In summary, LoRA is a training method that aims to boost a model's fine-tuning performance by training new, relatively information-compressed matrices A and B that mimic a specific weight matrix, making it behave as if the original weights were being updated.
Project Retrospective
So far, I've covered the structure and mechanisms of GPT-2 and the LoRA fine-tuning technique, which were the topics I studied most keenly during this project.
I learned a lot once again while working on this project, and I'd like to share a few reflections.
First, to share the results: the news fine-tuning was successful, but the attempt to fine-tune the Joker's speech patterns did not yield significant results.
I believe the reason for this lies in the pros and cons of LoRA.
First, the advantage of LoRA is that it allows for fast, easy, and efficient fine-tuning. This is especially appealing for those who do not have access to vast computational resources.
Also, when I was fine-tuning, the number of parameters I trained was:
trainable params: 147,456 || all params: 124,588,032 || trainable%: 0.1184
As you can see, it was about 147,000, which is roughly 0.11% of the 1.5 billion parameters of the original GPT-2 1.5B model. This means I trained 99.89% fewer parameters than I would have with Full Fine-Tuning.
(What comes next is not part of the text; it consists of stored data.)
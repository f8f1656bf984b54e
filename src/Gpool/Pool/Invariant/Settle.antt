-- ===== src/Gpool/Pool/Invariant/Settle.antt =====
-- A section that ends leaves the invariant of the pool with its goroutines.
use lgobase.Base.{
  ℕ, suc, ◌+◌, ◌<◌, ◌≡◌, refl, sym, ap, List, [], ◌∷◌, ◌++◌, arith, length, length-append,
  get_elem?, count, count-append, false,
}
use lgobase.Base.Int.{pos_part}
use lgobase.Gpool.Pool.{Gpool, Task, Outcome, returned, parked, blocked, panicked, borrowed}
use lgobase.Gpool.Pool.Dispatch.{Follows}
use lgobase.Gpool.Pool.Shutdown.{close_pool}
use lgobase.Gpool.Pool.World.{Call, gets, closes_conn, discards, closes_pool, perform, settle}
use lgobase.Gpool.Pool.Borrow.{get}
use lgobase.Gpool.Pool.Return.{state_of, close_conn, discard}
use lgobase.Gpool.Pool.Counters.{Counts, Kept, task_closings, task_makers, out_closings, out_makers}
use lgobase.Gpool.Pool.Counters.Borrow.{get-Kept}
use lgobase.Gpool.Pool.Counters.Return.{close_conn-Kept, discard-Kept}
use lgobase.Gpool.Pool.Counters.Shutdown.{close_pool-Kept}
use lgobase.Gpool.Pool.Ownership.{Owns}
use lgobase.Gpool.Pool.Parking.{Spares, get-Spares, close_conn-Spares, discard-Spares}
use lgobase.Gpool.Pool.Ownership.Transfer.{Owns-same}
use lgobase.Gpool.Pool.Ownership.Borrow.{Tracks, get-Tracks}
use lgobase.Gpool.Pool.Ownership.Putting.{close_conn-Tracks, discard-Tracks, in_use-pos_of_borrowed}
use lgobase.Gpool.Pool.Ownership.Shutdown.{close_pool-Tracks, drain_idle-whole}
use lgobase.Gpool.Pool.Invariant.{closings, makers, NoneClosesIdle, Inv, Taken}

settled-Inv :
    (gp gp' : Gpool) (out : Outcome) (rest ts : List Task) (limit : ℕ)
    → Kept gp (length (closings rest)) (makers rest) (gp', out)
    → Tracks (λ c. count c (closings rest)) (gp', out)
    → pos_part gp.max_conns ≡ limit
    → (gp'.closed ≡ false → NoneClosesIdle ts)
    → closings ts ≡ out_closings out ++ closings rest
    → out_makers out + makers rest ≡ makers ts
    → Inv gp' ts limit
settled-Inv gp gp' out rest ts limit kept tracks l idle e m = record {
  counts =
      ground (arith, kept, length-append (out_closings out) (closings rest), ap (length {0}) e);
  owns =
      Owns-same gp' gp' _ _ tracks refl refl refl
        (λ j. ground (arith, count-append j (out_closings out) (closings rest), ap (count j) e));
  limit_is = ground (arith, kept.1);
  idle_closers = idle;
}

-- A goroutine that is blocked goes back to where it was.
abbrev pub Quiet : List Task → List Task → Type 0
Quiet old rest =
    (closings (old ++ rest) ≡ closings rest)
    × (makers (old ++ rest) ≡ makers rest)
    × (NoneClosesIdle rest → NoneClosesIdle (old ++ rest))

settle-Inv :
    (gp gp' : Gpool) (old rest : List Task) (out : Outcome) (limit : ℕ)
    → Kept gp (length (closings rest)) (makers rest) (gp', out)
    → Tracks (λ c. count c (closings rest)) (gp', out)
    → pos_part gp.max_conns ≡ limit
    → (gp.closed ≡ false → NoneClosesIdle rest)
    → (gp'.closed ≡ false → Spares (gp', out))
    → (out ≡ blocked → Quiet old rest)
    → Inv gp' (settle old out rest) limit
unfolding settle
settle-Inv gp gp' old rest (returned c e) limit kept tracks l idle spares q =
    settled-Inv gp gp' (returned c e) rest rest limit kept tracks l (ground (arith, kept.1)) refl
      (omega arith)
settle-Inv gp gp' old rest panicked limit kept tracks l idle spares q =
    settled-Inv gp gp' panicked rest rest limit kept tracks l (ground (arith, kept.1)) refl
      (omega arith)
settle-Inv gp gp' old rest (parked t) limit kept tracks l idle spares q =
    settled-Inv gp gp' (parked t) rest (t ∷ rest) limit kept tracks l (ground (arith, kept.1)) refl
      (omega arith)
settle-Inv gp gp' old rest blocked limit kept tracks l idle spares q =
    let (e, m, s) = q refl in
    settled-Inv gp gp' blocked rest (old ++ rest) limit kept tracks l
      (λ running. s (idle (ground (arith, kept.1)))) e (omega (arith, m))

module _ (gp : Gpool) (ts : List Task) (limit : ℕ) (v : Inv gp ts limit) where
  called-Inv :
      (r : Gpool × Outcome)
      → Kept gp (length (closings ts)) (makers ts) r
      → Tracks (λ c. count c (closings ts)) r
      → (r.0.closed ≡ false → Spares r)
      → Inv r.0 (settle [] r.1 ts) limit
  called-Inv r kept tracks spares =
      settle-Inv gp r.0 [] ts r.1 limit kept tracks v.limit_is v.idle_closers spares
        (λ e. (refl, refl, λ s. s))

  bounded : Counts gp (length (closings ts)) (makers ts) (suc (pos_part gp.max_conns))
  bounded = ground (arith, v.counts, v.limit_is)

  held_back : (c : ℕ) → state_of (get_elem? gp.conns c) ≡ borrowed → 0 < gp.in_use
  held_back c = in_use-pos_of_borrowed gp c (λ j. count j (closings ts)) v.owns

  pub perform-Inv : (c : Call) → let r = perform gp c in Inv r.0 (settle [] r.1 ts) limit
  unfolding perform
  perform-Inv (gets now is_open) =
      called-Inv (get gp now is_open) (get-Kept gp now is_open _ _ bounded)
        (get-Tracks gp now is_open _ v.owns) (λ e. get-Spares gp now is_open)
  perform-Inv (closes_conn c now is_open) =
      called-Inv (close_conn gp c now is_open)
        (close_conn-Kept gp c now is_open _ _ (held_back c) bounded)
        (close_conn-Tracks gp c now is_open _ v.owns) (λ e. close_conn-Spares gp c now is_open)
  perform-Inv (discards c) =
      called-Inv (discard gp c) (discard-Kept gp c _ _ (held_back c) bounded)
        (discard-Tracks gp c _ v.owns) (λ e. discard-Spares gp c)
  perform-Inv closes_pool =
      called-Inv (close_pool gp) (close_pool-Kept gp _ _ bounded (drain_idle-whole gp _ v.owns).1).0
        (close_pool-Tracks gp _ v.owns)
        (λ e.
          absurd
            (ground (arith, (close_pool-Kept gp _ _ bounded (drain_idle-whole gp _ v.owns).1).1)))

-- A goroutine at task `t`, with the others at `rest`.
module _ (gp : Gpool) (ts : List Task) (t : Task) (rest : List Task) (limit : ℕ)
    (v : Inv gp ts limit) (k : Taken ts t rest) where
  pub counted :
      Counts gp
        (length (task_closings t) + length (closings rest))
        (task_makers t + makers rest)
        (suc (pos_part gp.max_conns))
  counted = ground (arith, v.counts, v.limit_is, k.closing_count, k.makers_count)

  pub owned : Owns gp (λ c. count c (task_closings t) + count c (closings rest))
  owned = Owns-same gp gp _ _ v.owns refl refl refl (λ c. sym (k.closer_count c))

  rest_spared : gp.closed ≡ false → NoneClosesIdle rest
  rest_spared e = (k.spared (v.idle_closers e)).1

  pub resumed-Inv :
      (gp' : Gpool) (r : Gpool × Outcome)
      → Follows gp gp'
      → Kept gp' (length (closings rest)) (makers rest) r
      → Tracks (λ c. count c (closings rest)) r
      → Spares r
      → (r.1 ≡ blocked → Quiet (t ∷ []) rest)
      → Inv r.0 (settle (t ∷ []) r.1 rest) limit
  resumed-Inv gp' r follows kept tracks spares quiet =
      settle-Inv gp' r.0 (t ∷ []) rest r.1 limit kept tracks (ground (arith, follows, v.limit_is))
        (λ running. rest_spared (ground (arith, follows))) (λ e. spares) quiet

  -- A response that the task does not wait for.
  pub ignored-Inv : Inv gp (t ∷ rest) limit
  ignored-Inv = record {
    counts = ground (
      arith,
      v.counts,
      k.closing_count,
      k.makers_count,
      length-append (task_closings t) (closings rest),
    );
    owns =
        Owns-same gp gp _ _ owned refl refl refl
          (λ c. count-append c (task_closings t) (closings rest));
    limit_is = v.limit_is;
    idle_closers = λ e. k.spared (v.idle_closers e);
  }

pub Follows-refl : (gp : Gpool) → Follows gp gp
Follows-refl gp = ground arith
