-- ===== src/Gpool/Pool/Invariant/Resume.antt =====
-- Every goroutine that goes on keeps the invariant of the pool.
use lgobase.Base.{
  ℕ, suc, ◌≢◌, ◌≡◌, refl, List, [], ◌∷◌, Option, arith, length, length-append, count-append, true,
}
use lgobase.Base.Int.{pos_part}
use lgobase.Gpool.Pool.{
  Gpool, Error, returns, Task, closing_conn, creating_conn, waiting, closing_idle, After, reopens,
  fails_closed, Outcome, blocked,
}
use lgobase.Gpool.Pool.Locked.{close_end, close_begin, new_for_use}
use lgobase.Gpool.Pool.Shutdown.{close_idle_one}
use lgobase.Gpool.Pool.World.{
  Response, conn_closed, conn_created, result_ready, gave_up, after_close, resume, settle,
}
use lgobase.Gpool.Pool.Borrow.{
  Created, made, failed, finish_create_closed, finish_create_open, wait_result, cancel_waiter,
  finish_create,
}
use lgobase.Gpool.Pool.Counters.{
  Counts, Kept, new_for_use-Kept, close_end-Counts, finish_create-Kept,
}
use lgobase.Gpool.Pool.Counters.Borrow.{wait_result-Kept, cancel_waiter-Kept}
use lgobase.Gpool.Pool.Counters.Shutdown.{close_idle_one-Counts}
use lgobase.Gpool.Pool.Ownership.{Owns}
use lgobase.Gpool.Pool.Parking.{
  Spares, finish_create-Spares, wait_result-Spares, cancel_waiter-Spares,
}
use lgobase.Gpool.Pool.Ownership.Transfer.{Owns-same}
use lgobase.Gpool.Pool.Ownership.Borrow.{
  Tracks, wait_result-Tracks, cancel_waiter-Tracks, finish_create-Tracks, new_for_use-Tracks,
}
use lgobase.Gpool.Pool.Ownership.Shutdown.{close_end-Owns, close_idle_one-Owns}
use lgobase.Gpool.Pool.Invariant.{closings, makers, Inv, Taken}
use lgobase.Gpool.Pool.Invariant.Settle.{Follows-refl, counted, owned, resumed-Inv, ignored-Inv}

after_close-Kept :
    (gp : Gpool) (after : After) (k m : ℕ)
    → Counts gp k m (pos_part gp.max_conns)
    → Kept gp k m (after_close gp after)
unfolding after_close
after_close-Kept gp reopens k m v = new_for_use-Kept gp k m v
after_close-Kept gp fails_closed k m v = ground arith
after_close-Kept gp returns k m v = ground arith

after_close-Tracks :
    (gp : Gpool) (after : After) (closers : ℕ → ℕ)
    → Owns gp closers
    → Tracks closers (after_close gp after)
unfolding after_close
after_close-Tracks gp reopens closers o = new_for_use-Tracks gp closers o
after_close-Tracks gp fails_closed closers o =
    Owns-same gp gp closers _ o refl refl refl (λ j. omega arith)
after_close-Tracks gp returns closers o =
    Owns-same gp gp closers _ o refl refl refl (λ j. omega arith)

after_close-Spares :
    (gp : Gpool) (after : After)
    → Spares (after_close gp after) × ((after_close gp after).1 ≢ blocked)
unfolding after_close new_for_use
after_close-Spares gp reopens = (tt, λ e. cc)
after_close-Spares gp fails_closed = (tt, λ e. cc)
after_close-Spares gp returns = (tt, λ e. cc)

closing_conn-Inv :
    (gp : Gpool) (ts : List Task) (c : ℕ) (after : After) (err : Option Error) (rest : List Task)
    (limit : ℕ)
    → Inv gp ts limit
    → Taken ts (closing_conn c after) rest
    → let r = after_close (close_end gp c err) after in
      Inv r.0 (settle (closing_conn c after ∷ []) r.1 rest) limit
closing_conn-Inv gp ts c after err rest limit v k =
    let m = length (closings rest) in
    let t = closing_conn c after in
    let before : Counts gp (suc m) (makers rest) (suc (pos_part gp.max_conns)) =
      ground (arith, counted gp ts t rest limit v k) in
    let (counts, follows) = close_end-Counts gp c err m (makers rest) before in
    let gp' = close_end gp c err in
    let (spares, goes_on) = after_close-Spares gp' after in
    resumed-Inv gp ts t rest limit v k gp' (after_close gp' after) follows
      (after_close-Kept gp' after m (makers rest) (ground (arith, counts, follows)))
      (after_close-Tracks gp' after _ (close_end-Owns gp c err _ (owned gp ts t rest limit v k)))
      spares (λ e. absurd (goes_on e))

finish_create-goes_on : (gp : Gpool) (r : Created) → (finish_create gp r).1 ≢ blocked
unfolding finish_create close_begin finish_create_closed finish_create_open
finish_create-goes_on gp (made now) e = ground arith
finish_create-goes_on gp (failed x) e = ground arith

creating_conn-Inv :
    (gp : Gpool) (ts : List Task) (c : Created) (rest : List Task) (limit : ℕ)
    → Inv gp ts limit
    → Taken ts creating_conn rest
    → let r = finish_create gp c in Inv r.0 (settle (creating_conn ∷ []) r.1 rest) limit
creating_conn-Inv gp ts c rest limit v k =
    let m = makers rest in
    let before : Counts gp (length (closings rest)) (suc m) (suc (pos_part gp.max_conns)) =
      ground (arith, counted gp ts creating_conn rest limit v k) in
    let owns = owned gp ts creating_conn rest limit v k in
    resumed-Inv gp ts creating_conn rest limit v k gp (finish_create gp c) (Follows-refl gp)
      (finish_create-Kept gp c _ m before)
      (finish_create-Tracks gp c _ (Owns-same gp gp _ _ owns refl refl refl (λ j. omega arith)))
      (finish_create-Spares gp c) (λ e. absurd (finish_create-goes_on gp c e))

-- A goroutine at its `select`.
waiting-Inv :
    (gp : Gpool) (ts : List Task) (w : ℕ) (rest : List Task) (limit : ℕ) (r : Gpool × Outcome)
    → Inv gp ts limit
    → Taken ts (waiting w) rest
    → ((k m : ℕ) → Counts gp k m (suc (pos_part gp.max_conns)) → Kept gp k m r)
    → ((closers : ℕ → ℕ) → Owns gp closers → Tracks closers r)
    → Spares r
    → Inv r.0 (settle (waiting w ∷ []) r.1 rest) limit
waiting-Inv gp ts w rest limit r v k kept tracks spares =
    let before : Counts gp (length (closings rest)) (makers rest) (suc (pos_part gp.max_conns)) =
      ground (arith, counted gp ts (waiting w) rest limit v k) in
    let owns = owned gp ts (waiting w) rest limit v k in
    resumed-Inv gp ts (waiting w) rest limit v k gp r (Follows-refl gp) (kept _ _ before)
      (tracks _ (Owns-same gp gp _ _ owns refl refl refl (λ j. omega arith))) spares
      (λ e. (refl, omega arith, λ s. (tt, s)))

closing_idle-Inv :
    (gp : Gpool) (ts : List Task) (c : ℕ) (cs : List ℕ) (err : Option Error) (rest : List Task)
    (limit : ℕ)
    → Inv gp ts limit
    → Taken ts (closing_idle (c ∷ cs)) rest
    → Inv (close_idle_one gp c err) (closing_idle cs ∷ rest) limit
closing_idle-Inv gp ts c cs err rest limit v k =
    let t = closing_idle (c ∷ cs) in
    let shut : gp.closed ≡ true = ground (arith, v.idle_closers, k.spared) in
    let before : Counts gp (suc (length (closings (closing_idle cs ∷ rest))))
        (makers (closing_idle cs ∷ rest)) (suc (pos_part gp.max_conns)) =
      ground (arith, counted gp ts t rest limit v k, length-append cs (closings rest)) in
    let (counts, follows) = close_idle_one-Counts gp c err _ _ shut before in
    let owns = owned gp ts t rest limit v k in
    record {
      counts = ground (arith, counts, v.limit_is);
      owns = close_idle_one-Owns gp c err _ (
          Owns-same gp gp _ _ owns refl refl refl
            (λ j. ground (arith, count-append j cs (closings rest))));
      limit_is = ground (arith, follows, v.limit_is);
      idle_closers = ground (arith, follows);
    }

pub resume-Inv :
    (gp : Gpool) (ts : List Task) (t : Task) (rest : List Task) (r : Response) (limit : ℕ)
    → Inv gp ts limit
    → Taken ts t rest
    → let o = resume gp t r in Inv o.0 (settle (t ∷ []) o.1 rest) limit
unfolding resume settle
resume-Inv gp ts (closing_conn c after) rest (conn_closed err) limit v k =
    closing_conn-Inv gp ts c after err rest limit v k
resume-Inv gp ts creating_conn rest (conn_created c) limit v k =
    creating_conn-Inv gp ts c rest limit v k
resume-Inv gp ts (waiting w) rest result_ready limit v k =
    waiting-Inv gp ts w rest limit (wait_result gp w) v k (wait_result-Kept gp w)
      (wait_result-Tracks gp w) (wait_result-Spares gp w)
resume-Inv gp ts (waiting w) rest (gave_up e) limit v k =
    waiting-Inv gp ts w rest limit (cancel_waiter gp w e) v k (cancel_waiter-Kept gp w e)
      (cancel_waiter-Tracks gp w e) (cancel_waiter-Spares gp w e)
resume-Inv gp ts (closing_idle []) rest (conn_closed err) limit v k = record {
  counts = ground (arith, v.counts, k.closing_count, k.makers_count);
  owns = Owns-same gp gp _ _ v.owns refl refl refl (λ j. ground (arith, k.closer_count j));
  limit_is = v.limit_is;
  idle_closers = λ e. (k.spared (v.idle_closers e)).1;
}
resume-Inv gp ts (closing_idle (c ∷ cs)) rest (conn_closed err) limit v k =
    closing_idle-Inv gp ts c cs err rest limit v k
resume-Inv gp ts t rest r limit v k = ignored-Inv gp ts t rest limit v k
However, the disadvantages of LoRA were just as clear.
When I was training the model on the news dataset, I had about 2000 training samples and 500 test samples. I ran it for 5 epochs, and I could see the loss decreasing noticeably as the epochs progressed.
But to train a GPT-2 that mimics the Joker's speech, I needed a dataset of his lines, which was not easy to find. I ended up generating about 500 lines myself using LMM Gemini-2.5-Pro.
This was not enough data to train the model properly, and ultimately, the training did not proceed smoothly.
Of course, this is less a problem with the LoRA model itself and more about the lack of training data, a common issue in all of AI.
However, LoRA's shortcomings also influenced the project. A 'speech pattern' is not an easily discernible pattern. The Joker's speech is particularly tricky because it's somewhat peculiar yet adheres to a correct general sentence structure.
For cases like this, I came to think that Full Fine-Tuning, which fine-tunes all the model's parameters, might be a better approach. Because LoRA learns fewer parameters by mimicking a subset of them, it can struggle to properly learn complex patterns or domain-specific nuances.
In the process, however, I did try to improve the model's performance even slightly through efforts like using the Priming Technique.
In the end, this project was like an experience-doubling event for me. I had a successful fine-tuning experience with the news dataset, and I also gained experience with a failed fine-tuning attempt by directly confronting the limitations of LoRA, which I had only thought of as being good.
Conclusion
It has been a long journey from Seq2Seq Attention and Self-Attention to fine-tuning GPT-2. Experiencing the progress of the NLP field firsthand through this learning process made it all the more enjoyable and exciting.
In fact, as of this writing in October 2025, several LLMs are already available for us to learn from, such as the new open-source GPT-OSS from OpenAI, Grok 2.5, and Deepseek R1.
This means I have to keep learning... haha.
Anyway, it took about a month to learn everything from the attention mechanism to GPT-2 fine-tuning, and it feels like it was a truly productive month after a long time. This project ends here, but I will continue to learn about the NLP field and strive to learn about many other areas of artificial intelligence as well.